**Assignment:** Identify and pull out each line of the entries in which "internal" occurs.

**Records from a data collection:**
>>>>>

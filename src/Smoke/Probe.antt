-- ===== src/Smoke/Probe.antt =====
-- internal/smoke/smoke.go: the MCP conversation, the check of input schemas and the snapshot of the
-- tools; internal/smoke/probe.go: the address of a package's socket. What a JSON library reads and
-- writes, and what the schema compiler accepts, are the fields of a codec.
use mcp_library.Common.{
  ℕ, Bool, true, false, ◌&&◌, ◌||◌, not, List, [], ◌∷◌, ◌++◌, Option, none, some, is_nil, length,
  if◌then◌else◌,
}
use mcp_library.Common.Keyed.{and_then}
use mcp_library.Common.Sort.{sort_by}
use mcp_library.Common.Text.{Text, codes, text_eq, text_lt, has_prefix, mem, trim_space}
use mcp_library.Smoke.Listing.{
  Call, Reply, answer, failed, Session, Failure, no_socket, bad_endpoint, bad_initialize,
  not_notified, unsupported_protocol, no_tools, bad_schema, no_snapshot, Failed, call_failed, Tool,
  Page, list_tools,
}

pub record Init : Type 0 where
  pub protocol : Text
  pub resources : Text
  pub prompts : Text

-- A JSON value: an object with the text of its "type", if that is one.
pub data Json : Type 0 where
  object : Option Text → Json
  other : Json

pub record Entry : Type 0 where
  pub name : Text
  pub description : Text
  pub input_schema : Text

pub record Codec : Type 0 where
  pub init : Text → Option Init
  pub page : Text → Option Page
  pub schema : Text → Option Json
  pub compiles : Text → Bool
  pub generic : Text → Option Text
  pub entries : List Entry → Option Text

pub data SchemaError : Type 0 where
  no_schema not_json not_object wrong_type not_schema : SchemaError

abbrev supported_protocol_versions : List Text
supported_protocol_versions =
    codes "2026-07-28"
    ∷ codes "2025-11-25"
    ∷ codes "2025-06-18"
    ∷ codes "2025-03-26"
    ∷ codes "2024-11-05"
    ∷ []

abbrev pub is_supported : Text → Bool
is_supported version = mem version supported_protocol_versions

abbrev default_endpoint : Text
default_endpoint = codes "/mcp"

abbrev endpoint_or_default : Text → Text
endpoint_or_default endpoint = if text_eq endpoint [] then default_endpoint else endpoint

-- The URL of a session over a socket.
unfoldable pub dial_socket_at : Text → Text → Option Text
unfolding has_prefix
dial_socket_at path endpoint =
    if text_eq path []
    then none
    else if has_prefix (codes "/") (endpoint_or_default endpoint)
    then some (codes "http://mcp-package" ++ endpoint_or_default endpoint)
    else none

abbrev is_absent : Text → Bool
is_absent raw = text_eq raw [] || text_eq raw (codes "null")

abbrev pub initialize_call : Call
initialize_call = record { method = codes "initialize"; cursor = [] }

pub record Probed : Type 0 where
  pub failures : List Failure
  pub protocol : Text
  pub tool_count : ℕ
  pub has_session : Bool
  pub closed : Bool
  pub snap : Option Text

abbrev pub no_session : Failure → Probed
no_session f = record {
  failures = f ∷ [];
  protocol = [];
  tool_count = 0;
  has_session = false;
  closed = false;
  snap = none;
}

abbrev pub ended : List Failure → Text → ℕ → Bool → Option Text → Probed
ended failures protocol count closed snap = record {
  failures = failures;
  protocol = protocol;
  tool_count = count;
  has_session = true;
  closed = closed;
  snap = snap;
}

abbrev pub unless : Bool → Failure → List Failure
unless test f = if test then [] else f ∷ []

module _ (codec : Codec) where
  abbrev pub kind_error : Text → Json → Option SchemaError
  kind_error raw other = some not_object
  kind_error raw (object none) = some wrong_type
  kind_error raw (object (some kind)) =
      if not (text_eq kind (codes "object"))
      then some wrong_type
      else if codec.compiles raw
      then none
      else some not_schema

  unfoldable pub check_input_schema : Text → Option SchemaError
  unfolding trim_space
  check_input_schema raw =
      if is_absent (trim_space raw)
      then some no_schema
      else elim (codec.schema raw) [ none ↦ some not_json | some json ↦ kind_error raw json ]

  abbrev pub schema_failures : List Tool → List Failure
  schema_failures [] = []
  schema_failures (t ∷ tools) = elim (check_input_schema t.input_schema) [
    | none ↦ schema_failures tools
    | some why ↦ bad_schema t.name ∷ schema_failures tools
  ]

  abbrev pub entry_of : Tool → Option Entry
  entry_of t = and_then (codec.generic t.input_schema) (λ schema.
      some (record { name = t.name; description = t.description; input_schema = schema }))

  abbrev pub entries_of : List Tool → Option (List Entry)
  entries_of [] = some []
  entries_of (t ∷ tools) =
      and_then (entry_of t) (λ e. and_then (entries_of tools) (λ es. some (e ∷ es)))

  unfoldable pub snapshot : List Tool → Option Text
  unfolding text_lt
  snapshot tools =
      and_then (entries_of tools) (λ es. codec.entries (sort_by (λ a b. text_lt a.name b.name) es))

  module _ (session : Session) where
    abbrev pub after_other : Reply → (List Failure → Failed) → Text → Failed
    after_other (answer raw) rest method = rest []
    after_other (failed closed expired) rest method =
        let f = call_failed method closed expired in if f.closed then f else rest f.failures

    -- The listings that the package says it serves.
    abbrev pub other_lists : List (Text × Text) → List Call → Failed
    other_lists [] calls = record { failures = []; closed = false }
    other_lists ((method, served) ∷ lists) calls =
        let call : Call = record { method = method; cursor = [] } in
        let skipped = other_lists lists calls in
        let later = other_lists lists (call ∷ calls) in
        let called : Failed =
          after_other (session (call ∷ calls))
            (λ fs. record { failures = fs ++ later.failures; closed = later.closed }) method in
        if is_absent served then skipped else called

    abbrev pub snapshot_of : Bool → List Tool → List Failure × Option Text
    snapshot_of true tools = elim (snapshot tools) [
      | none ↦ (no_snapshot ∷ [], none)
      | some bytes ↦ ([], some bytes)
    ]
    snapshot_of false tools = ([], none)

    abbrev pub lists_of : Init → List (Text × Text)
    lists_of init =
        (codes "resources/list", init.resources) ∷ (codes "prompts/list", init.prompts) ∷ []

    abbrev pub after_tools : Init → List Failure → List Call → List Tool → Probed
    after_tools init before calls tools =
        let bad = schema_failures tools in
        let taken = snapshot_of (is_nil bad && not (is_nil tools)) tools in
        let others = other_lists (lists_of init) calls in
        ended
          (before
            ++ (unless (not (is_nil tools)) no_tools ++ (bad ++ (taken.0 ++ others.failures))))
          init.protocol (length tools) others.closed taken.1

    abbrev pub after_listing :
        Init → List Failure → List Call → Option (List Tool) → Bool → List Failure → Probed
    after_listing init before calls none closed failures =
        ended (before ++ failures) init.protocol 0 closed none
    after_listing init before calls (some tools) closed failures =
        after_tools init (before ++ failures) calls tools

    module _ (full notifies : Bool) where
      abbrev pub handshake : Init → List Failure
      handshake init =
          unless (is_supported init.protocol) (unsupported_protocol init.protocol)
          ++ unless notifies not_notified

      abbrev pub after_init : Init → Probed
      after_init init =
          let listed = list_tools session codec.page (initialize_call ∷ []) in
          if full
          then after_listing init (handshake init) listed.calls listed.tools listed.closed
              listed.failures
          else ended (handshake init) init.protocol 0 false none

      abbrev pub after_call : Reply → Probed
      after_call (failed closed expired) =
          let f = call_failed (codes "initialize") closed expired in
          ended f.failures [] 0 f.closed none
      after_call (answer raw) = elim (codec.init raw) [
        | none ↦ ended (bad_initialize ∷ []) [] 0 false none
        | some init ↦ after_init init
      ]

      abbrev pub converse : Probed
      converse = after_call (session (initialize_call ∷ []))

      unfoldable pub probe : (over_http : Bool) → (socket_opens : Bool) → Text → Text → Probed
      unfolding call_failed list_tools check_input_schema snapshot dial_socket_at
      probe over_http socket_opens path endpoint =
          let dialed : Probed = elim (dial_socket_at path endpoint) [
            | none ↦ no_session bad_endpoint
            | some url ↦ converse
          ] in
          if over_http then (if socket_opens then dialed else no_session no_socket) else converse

<<<<<

**Expected output:**
-- internal/smoke/smoke.go: the MCP conversation, the check of input schemas and the snapshot of the
-- tools; internal/smoke/probe.go: the address of a package's socket. What a JSON library reads and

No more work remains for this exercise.